Même si la quatrième de couverture nous indique que l’auteur  a fait des recherches ‘approfondies sur  l’histoire et le milieu de la drogue en Colombie’, cela ne constitue pas la force du livre, et serait même frustrant si pris au mot. Car si l’on perçoit quelques grands événements ayant marqué le pays (prise d’assaut ultra violente du Tribunal de Bogota, villages vampirisés par les guérilleros des FARC …) l’auteur s’attache surtout à des vécus particuliers situés ‘ici et maintenant’, les entremêle (y compris dans la forme narrative et la succession des parties), tissant des géographies entre les personnages, des fils qui les relient tous  : de l’événement narratif perçu et traité sous l’angle d’une autre subjectivité, ou simplement d’une communauté de conditions et d’espoirs. Ce procédé m’a un peu fait penser aux scénarios d’Alejandro Gonzales Inarritu,  c’était très étonnant de le lire !
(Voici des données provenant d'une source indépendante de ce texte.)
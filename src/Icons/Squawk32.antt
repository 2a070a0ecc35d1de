-- ===== src/Icons/Squawk32.antt =====
-- `squawk32_png` of src/_icons.h, a line of the array in each line.
use upnp.Prelude.{ℕ, List, [], ◌∷◌, ◌++◌}
use upnp.Icons.Row.{row}

abbrev pub squawk32_png : List ℕ
squawk32_png =
    row 0x89 0x50 0x4e 0x47 0x0d 0x0a 0x1a 0x0a 0x00 0x00 0x00 0x0d
    ++ row 0x49 0x48 0x44 0x52 0x00 0x00 0x00 0x20 0x00 0x00 0x00 0x20
    ++ row 0x08 0x06 0x00 0x00 0x00 0x73 0x7a 0x7a 0xf4 0x00 0x00 0x06
    ++ row 0x02 0x49 0x44 0x41 0x54 0x78 0xda 0xed 0x96 0x6b 0x6c 0x14
    ++ row 0x55 0x14 0x80 0xcf 0x9d 0x99 0x9d 0x7d 0x75 0x67 0xb7 0xf4
    ++ row 0xdd 0xda 0x92 0x56 0x28 0xd5 0x6a 0x91 0x56 0x0c 0x44 0x10
    ++ row 0x84 0xca 0x0f 0x12 0x8c 0x09 0x52 0x25 0x82 0x9a 0x26 0x36
    ++ row 0xf8 0x03 0x1a 0x15 0x34 0xb5 0x89 0xd8 0xa4 0x3f 0x24 0x55
    ++ row 0x14 0x4a 0xc0 0x52 0x1e 0xa9 0x50 0x13 0x49 0xab 0x3f 0x2c
    ++ row 0x6a 0x91 0x57 0x69 0x42 0x6c 0x82 0x56 0xd1 0xf2 0x68 0x30
    ++ row 0x08 0x6d 0x6d 0xb7 0x94 0x6e 0x77 0xba 0xec 0x73 0x1e 0x9e
    ++ row 0x3b 0x74 0x96 0xdd 0xa5 0x6c 0x00 0x05 0xfe 0x78 0x92 0x9b
    ++ row 0x73 0xf7 0xee 0xdc 0x7b 0xbe 0xf3 0xb8 0x0f 0x02 0x0f 0x58
    ++ row 0xc8 0xff 0x00 0xf7 0xdb 0xe0 0xef 0x2f 0x27 0xbe 0xc9 0x10
    ++ row 0xf5 0x63 0x60 0x60 0x5a 0x61 0xf3 0xd8 0xe0 0x7d 0x03 0x68
    ++ row 0x6b 0x6b 0xb3 0x12 0x29 0xd0 0xf1 0xf0 0xcf 0x5b 0x67 0xa9
    ++ row 0x03 0x67 0x2f 0x12 0x50 0x06 0x0b 0xf6 0x8c 0xcc 0xbf 0x2f
    ++ row 0x00 0xed 0xed 0xed 0x29 0xa8 0xbe 0x4f 0x4d 0x4d 0x2d 0xb2
    ++ row 0x3b 0x7f 0x31 0x70 0x27 0x1b 0x83 0xfe 0xab 0x97 0x08 0x61
    ++ row 0x19 0xcb 0x3d 0x05 0x38 0x7e 0xfc 0x38 0x09 0x85 0x42 0xcb
    ++ row 0x15 0x45 0xd9 0x91 0x9d 0x9d 0x9d 0x98 0x9e 0x9e 0xce 0xca
    ++ row 0x01 0x2f 0x84 0x9a 0xcb 0x55 0xdf 0xd0 0x79 0x2f 0x02 0xac
    ++ row 0xbc 0x67 0x00 0x68 0x7c 0xa9 0xaa 0xaa 0x9f 0xf1 0x3c 0x9f
    ++ row 0x36 0x75 0xea 0x54 0xc1 0x62 0xb1 0x68 0xe3 0x38 0x06 0xc1
    ++ row 0xc3 0x1f 0x81 0xbf 0xa7 0xdd 0x0d 0xb2 0xf7 0xcb 0xff 0x14
    ++ row 0xe0 0xc4 0x89 0x13 0x8f 0x10 0x42 0x56 0xa1 0xc7 0xab 0x39
    ++ row 0x8e 0x13 0x32 0x33 0x33 0xed 0x28 0x9a 0x51 0x5d 0x68 0x5f
    ++ row 0xfe 0xf5 0x00 0x04 0x4f 0x35 0x7b 0x25 0xcf 0x70 0xf7 0x5d
    ++ row 0x03 0x74 0x74 0x74 0xb0 0x0c 0xc3 0x4c 0xc7 0x05 0x8b 0x50
    ++ row 0xcf 0x41 0xbd 0x1c 0x8d 0xdb 0xd0 0xa0 0xcd 0xe1 0x70 0x70
    ++ row 0xba 0xc7 0xba 0x51 0x5d 0x64 0x59 0x06 0xf9 0xc2 0x31 0x90
    ++ row 0x3b 0xb7 0x2a 0x21 0xf1 0xca 0xd9 0x30 0xc0 0x91 0x67 0x85
    ++ row 0x42 0xce 0xc0 0xbe 0x62 0x4a 0x4a 0xaa 0x8a 0x67 0x78 0xfc
    ++ row 0xe9 0xd7 0xfa 0xf8 0xa2 0x05 0x2a 0x7a 0x39 0xc5 0x60 0x30
    ++ row 0x04 0x30 0xc4 0x06 0x93 0xc9 0x64 0x43 0x21 0x66 0xb3 0x19
    ++ row 0x10 0xe6 0xa6 0x39 0x3a 0x80 0x24 0x49 0x1a 0x00 0x19 0x3e
    ++ row 0x03 0x6a 0xfb 0x87 0x10 0x70 0x39 0x07 0x08 0x1a 0x2e 0x62
    ++ row 0x58 0xf2 0x09 0x4e 0x9c 0x9b 0x3b 0x73 0x9a 0x59 0x1c 0x19
    ++ row 0xbe 0x69 0x05 0xab 0xdd 0xa4 0x69 0x25 0x24 0x41 0x7f 0xce
    ++ row 0x73 0x90 0xb9 0xb2 0x0a 0x2c 0x9c 0x01 0xd0 0xe3 0xb0 0x41
    ++ row 0x12 0x63 0x4c 0x8d 0x98 0x8f 0xb0 0x9a 0x71 0x2c 0x48 0xed
    ++ row 0x3b 0x4e 0xec 0x07 0xf2 0xed 0xbb 0xe0 0xbb 0x3a 0x34 0x46
    ++ row 0x8e 0x2d 0x16 0x7c 0x36 0xab 0x6a 0x9c 0x92 0x6a 0x0f 0xa6
    ++ row 0xcc 0x79 0xc6 0xa8 0xc8 0x81 0xb8 0xa1 0x3f 0x7f 0xba 0x0f
    ++ row 0xcc 0xeb 0xbe 0x80 0x44 0xc1 0x1e 0x65 0x34 0x16 0x40 0x41
    ++ row 0x4d 0x0d 0x53 0x8f 0xa9 0xa6 0x12 0x0a 0x06 0x81 0x20 0x30
    ++ row 0xef 0xbd 0x02 0x4c 0xcb 0x5a 0xb8 0xe6 0x74 0xfa 0x68 0x04
    ++ row 0xd4 0x69 0xf9 0x0e 0x48 0xce 0xcc 0x50 0xc9 0xac 0x45 0x24
    ++ row 0x34 0xd8 0x1b 0x17 0xe0 0xf2 0xa9 0x3f 0xc0 0xbb 0xa6 0x19
    ++ row 0xd2 0xd2 0xd2 0xa9 0x6b 0x9a 0xa7 0x2a 0x35 0x40 0x8b 0x0b
    ++ row 0x75 0x10 0x8d 0x50 0x4f 0x19 0x96 0x05 0x4c 0x51 0xd4 0x5c
    ++ row 0xbf 0xdf 0x0f 0x2c 0x8e 0x1b 0x03 0x6e 0x30 0x34 0x97 0x83
    ++ row 0x38 0x34 0x2a 0x69 0x00 0x8f 0x97 0x64 0x03 0xe6 0x1f 0x98
    ++ row 0xe4 0x2c 0x08 0x3a 0xfb 0x35 0x4a 0x1a 0x44 0x4d 0x4f 0x78
    ++ row 0x44 0xfb 0x0c 0x86 0xdc 0xd9 0x37 0x0c 0x97 0x5e 0xdc 0x0a
    ++ row 0x59 0x33 0x0a 0x41 0x0a 0x86 0x40 0x41 0x0f 0xa9 0x41 0x29
    ++ row 0x74 0xbd 0xaf 0x0b 0x05 0x30 0x5b 0xad 0x51 0x10 0x3e 0xaf
    ++ row 0x57 0x03 0x30 0x49 0x1e 0x30 0xec 0x5e 0x05 0xa2 0x53 0x0c
    ++ row 0x69 0x00 0xb8 0x2e 0xd8 0x6c 0x26 0x30 0x39 0x2c 0xe0 0x75
    ++ row 0x89 0x13 0x19 0x24 0x51 0x99 0x64 0x08 0x6d 0x2a 0xc5 0x82
    ++ row 0xcb 0x2b 0x3e 0x85 0xc4 0x9c 0x3c 0x90 0x02 0x41 0x34 0xa4
    ++ row 0x97 0x0c 0x89 0x2a 0x40 0xda 0xa7 0x35 0x62 0x15 0x6c 0xe1
    ++ row 0xf1 0x6b 0xe3 0x68 0x98 0x37 0x80 0xc9 0x37 0x0a 0x86 0xc6
    ++ row 0x57 0xc1 0xe3 0xf2 0x5f 0x4f 0xc1 0x8d 0x49 0x78 0x42 0x2b
    ++ row 0x2a 0x4c 0x26 0x14 0x52 0xdf 0x4d 0xee 0xb5 0x7b 0x41 0x48
    ++ row 0x4c 0x8c 0xf2 0xf8 0x3a 0xe4 0x0d 0x00 0x32 0x01 0xc6 0x72
    ++ row 0x1c 0x58 0x6d 0x36 0xad 0xef 0x71 0x8b 0xc0 0x9b 0x8c 0x60
    ++ row 0x16 0x07 0x80 0xdb 0x55 0x01 0xde 0xf1 0x90 0x3b 0x0a 0x20
    ++ row 0xb1 0x72 0x3b 0x24 0x15 0xcf 0xbf 0xc9 0x38 0x3b 0xe6 0x84
    ++ row 0xbf 0x7f 0xeb 0x82 0xf1 0x3d 0xd5 0xda 0xef 0xb1 0x75 0x4d
    ++ row 0x60 0xc5 0xf0 0x6a 0xc5 0xc7 0x90 0xa8 0x5d 0x10 0x06 0x88
    ++ row 0x88 0x86 0x11 0xb7 0x27 0xc7 0xf3 0xe0 0x15 0xc7 0xb5 0xbe
    ++ row 0xf9 0xea 0x05 0xe0 0xf6 0xae 0x05 0xbf 0x57 0x19 0x22 0x47
    ++ row 0x17 0x09 0xdb 0x79 0x9e 0xac 0x0c 0x04 0x54 0x87 0xf7 0xad
    ++ row 0xfd 0x90 0x9d 0x93 0x13 0x2e 0x18 0xbd 0xa2 0x69 0x28 0xcf
    ++ row 0x9d 0x3b 0x07 0xd9 0x4d 0xeb 0xb4 0xdf 0xc1 0xf7 0x5b 0x80
    ++ row 0xc3 0x6d 0x48 0x8b 0x8f 0x56 0xb8 0x1e 0x09 0x1d 0x06 0x62
    ++ row 0x90 0x68 0x64 0x69 0x4d 0xd0 0xef 0x8c 0x78 0x40 0x99 0xff
    ++ row 0xea 0x02 0xf6 0xab 0x1a 0x08 0x06 0xd4 0x3f 0x69 0x04 0x8c
    ++ row 0xf8 0xcd 0x42 0xce 0x9a 0xf0 0xf6 0xc8 0xeb 0x5b 0x4a 0x93
    ++ row 0x53 0x52 0xc3 0xe8 0x1a 0x80 0x2a 0x63 0xae 0x03 0xd0 0x3f
    ++ row 0x34 0xac 0x01 0x5c 0x5a 0x51 0xeb 0x51 0x78 0x8b 0x82 0x1e
    ++ row 0x2a 0x98 0x7f 0xd9 0x68 0x32 0x73 0x66 0x8b 0x45 0xc0 0x03
    ++ row 0x89 0xd0 0x5c 0xab 0xb2 0xa4 0xa5 0x8a 0x4c 0x72 0x20 0x69
    ++ row 0xd1 0x48 0xb0 0x42 0x42 0xf7 0x37 0x40 0x7e 0x68 0x04 0xac
    ++ row 0xe1 0xae 0x30 0xe6 0xc0 0xc0 0x80 0x1d 0x2f 0x10 0x57 0x56
    ++ row 0x56 0x16 0x09 0xef 0x65 0xf4 0xce 0xe5 0x72 0x81 0xc7 0xe3
    ++ row 0x01 0x7a 0xb4 0x96 0x95 0x95 0x85 0xbf 0x6f 0x68 0x68 0x48
    ++ row 0x40 0x95 0x84 0xad 0x10 0x41 0xe6 0x11 0xc2 0x2c 0xc4 0x79
    ++ row 0x85 0x98 0x6f 0xd6 0x82 0xf9 0xc1 0x03 0xf2 0x46 0x64 0x08
    ++ row 0x09 0x47 0x85 0xb7 0x59 0x41 0x38 0xba 0x03 0xe4 0x93 0x07
    ++ row 0x55 0x59 0x56 0xb7 0x87 0x17 0xdc 0xb8 0x71 0x23 0x93 0x9f
    ++ row 0x9f 0x2f 0x65 0x64 0x64 0x68 0x00 0xa2 0x28 0x6a 0xc6 0x69
    ++ row 0xae 0x0b 0x0a 0x0a 0x80 0xfc 0xb8 0x19 0x8a 0xd6 0x37 0xc5
    ++ row 0xbd 0x3b 0x10 0x8a 0x56 0xdb 0x0b 0x2c 0xc7 0xae 0x41 0xa0
    ++ row 0x47 0xed 0x29 0xc9 0x76 0xb3 0xc9 0x44 0x54 0x49 0xd6 0xa2
    ++ row 0xc9 0x70 0xb8 0xd5 0xb1 0x08 0x53 0x5a 0xab 0xc0 0x77 0xf6
    ++ row 0x8c 0x8c 0x63 0x65 0x91 0x00 0x24 0x37 0x37 0x57 0xc1 0x5b
    ++ row 0x8c 0xee 0x6b 0x05 0xcf 0x75 0x26 0x39 0x39 0x59 0x03 0xc0
    ++ row 0xa6 0x8a 0x5b 0xde 0x20 0xf3 0x76 0x77 0xdd 0xf6 0xe5 0x85
    ++ row 0x30 0x8f 0x61 0xde 0x37 0x63 0x5a 0x9e 0x72 0xa4 0xa5 0xda
    ++ row 0x79 0x9a 0x12 0x23 0x0f 0xf8 0x2a 0x82 0xec 0x5d 0xab 0x60
    ++ row 0x6c 0x54 0xa6 0xc7 0xa3 0x79 0xd2 0x05 0xeb 0xeb 0xeb 0xbb
    ++ row 0x8b 0x8b 0x8b 0x67 0xea 0x95 0x84 0x0f 0x09 0xf5 0x7c 0x65
    ++ row 0xe9 0x95 0xa5 0x6d 0x17 0xd3 0x6e 0x17 0x20 0x02 0xe4 0x49
    ++ row 0xac 0x87 0x16 0x8b 0x5d 0x48 0xb5 0xda 0x6d 0x66 0x6b 0x5f
    ++ row 0x37 0x08 0x5f 0x6f 0x02 0x3c 0x42 0x06 0x16 0x1c 0x16 0x1f
    ++ row 0x9a 0x14 0x00 0xa3 0x31 0x13 0xa5 0x03 0x23 0x60 0xa7 0xbf
    ++ row 0xf1 0xa6 0xa3 0x79 0x94 0x07 0x07 0x07 0xc7 0xb1 0x2e 0x1c
    ++ row 0x46 0xa3 0x71 0x6e 0x69 0x69 0xe9 0x4f 0x77 0x00 0x61 0x41
    ++ row 0x88 0x7d 0x69 0xa7 0x0f 0x2e 0xb3 0xf7 0x76 0x1a 0x54 0x7a
    ++ row 0x29 0x11 0x78 0x69 0xe1 0x11 0xf1 0xc0 0x2d 0x43 0x5a 0x57
    ++ row 0x57 0xb7 0x6f 0xf6 0xec 0xd9 0x65 0xd8 0xe5 0x75 0x08 0x2c
    ++ row 0x50 0x15 0x8f 0x56 0xa5 0xb5 0xb5 0xf5 0xbb 0x8a 0x8a 0x8a
    ++ row 0xe7 0xef 0x30 0x12 0x4c 0x82 0xbb 0xaf 0x29 0xfd 0xe4 0xfe
    ++ row 0x15 0x9c 0x67 0xb4 0x01 0xbd 0xaf 0x04 0x88 0xf3 0x2c 0xc7
    ++ row 0x28 0xa4 0xe4 0xe5 0xe5 0xf5 0xe6 0xe4 0xe4 0x38 0xf4 0xdb
    ++ row 0x8c 0x8a 0x20 0x08 0xe0 0x76 0xbb 0x83 0x9d 0x9d 0x9d 0xd6
    ++ row 0x9a 0x9a 0x1a 0xe9 0x4e 0x53 0x12 0x2b 0x71 0x8b 0xaa 0xb6
    ++ row 0xb6 0x76 0x43 0x49 0x49 0xc9 0x07 0xb8 0xc7 0x13 0xb4 0x2a
    ++ row 0xc6 0x42 0xc2 0x08 0xf8 0xf1 0xe9 0xb5 0xba 0xba 0xba 0xba
    ++ row 0xe5 0xdf 0x1a 0x8f 0x07 0xc0 0x62 0x33 0xe0 0xae 0xb0 0xbe
    ++ row 0xb3 0x7e 0x43 0xcf 0x8c 0xfc 0xe9 0x69 0x68 0x38 0x34 0x32
    ++ row 0x32 0xe2 0x69 0x3f 0x74 0xa8 0xaa 0x71 0xe7 0xce 0x76 0xfc
    ++ row 0x5f 0x8a 0x69 0x72 0x84 0x56 0x22 0xda 0x5d 0x01 0xd0 0x27
    ++ row 0x10 0xbd 0x47 0xb9 0xf2 0xf2 0xf2 0x65 0x4b 0x96 0x2c 0xd9
    ++ row 0x85 0x67 0xc2 0xb1 0xfa 0x6d 0xdb 0x3e 0x3f 0xd3 0xd3 0x33
    ++ row 0x8c 0xe3 0xfe 0x89 0xc5 0x7d 0xd8 0x5c 0x11 0xc6 0x95 0x89
    ++ row 0xbe 0xde 0x42 0x93 0x38 0xa6 0x46 0x82 0xc5 0x8b 0x80 0xde
    ++ row 0xb8 0xca 0xf7 0x36 0x3c 0xb1 0x65 0x53 0x5d 0xef 0xc4 0x44
    ++ row 0x7d 0x81 0x5b 0x35 0x35 0x46 0xc7 0x3a 0xac 0xc6 0x0e 0x3c
    ++ row 0x50 0xf9 0x07 0x29 0x52 0xaa 0xa7 0x9a 0x01 0xea 0x15 0x00
    ++ 0x00 ∷ 0x00 ∷ 0x00 ∷ 0x49 ∷ 0x45 ∷ 0x4e ∷ 0x44 ∷ 0xae ∷ 0x42 ∷ 0x60 ∷ 0x82 ∷ []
Le roman aurait gagné à être un peu plus court, d’autant que les scènes érotiques finissent par devenir extrêmement lassantes et par apparaître comme des choix de facilité ou de remplissage gratuit. Dommage, car il aurait été pour moi un très très grand livre sans cet affaissement sensible du rythme et de l’exigence narrative.
Je vous en conseille cependant très vivement la lecture.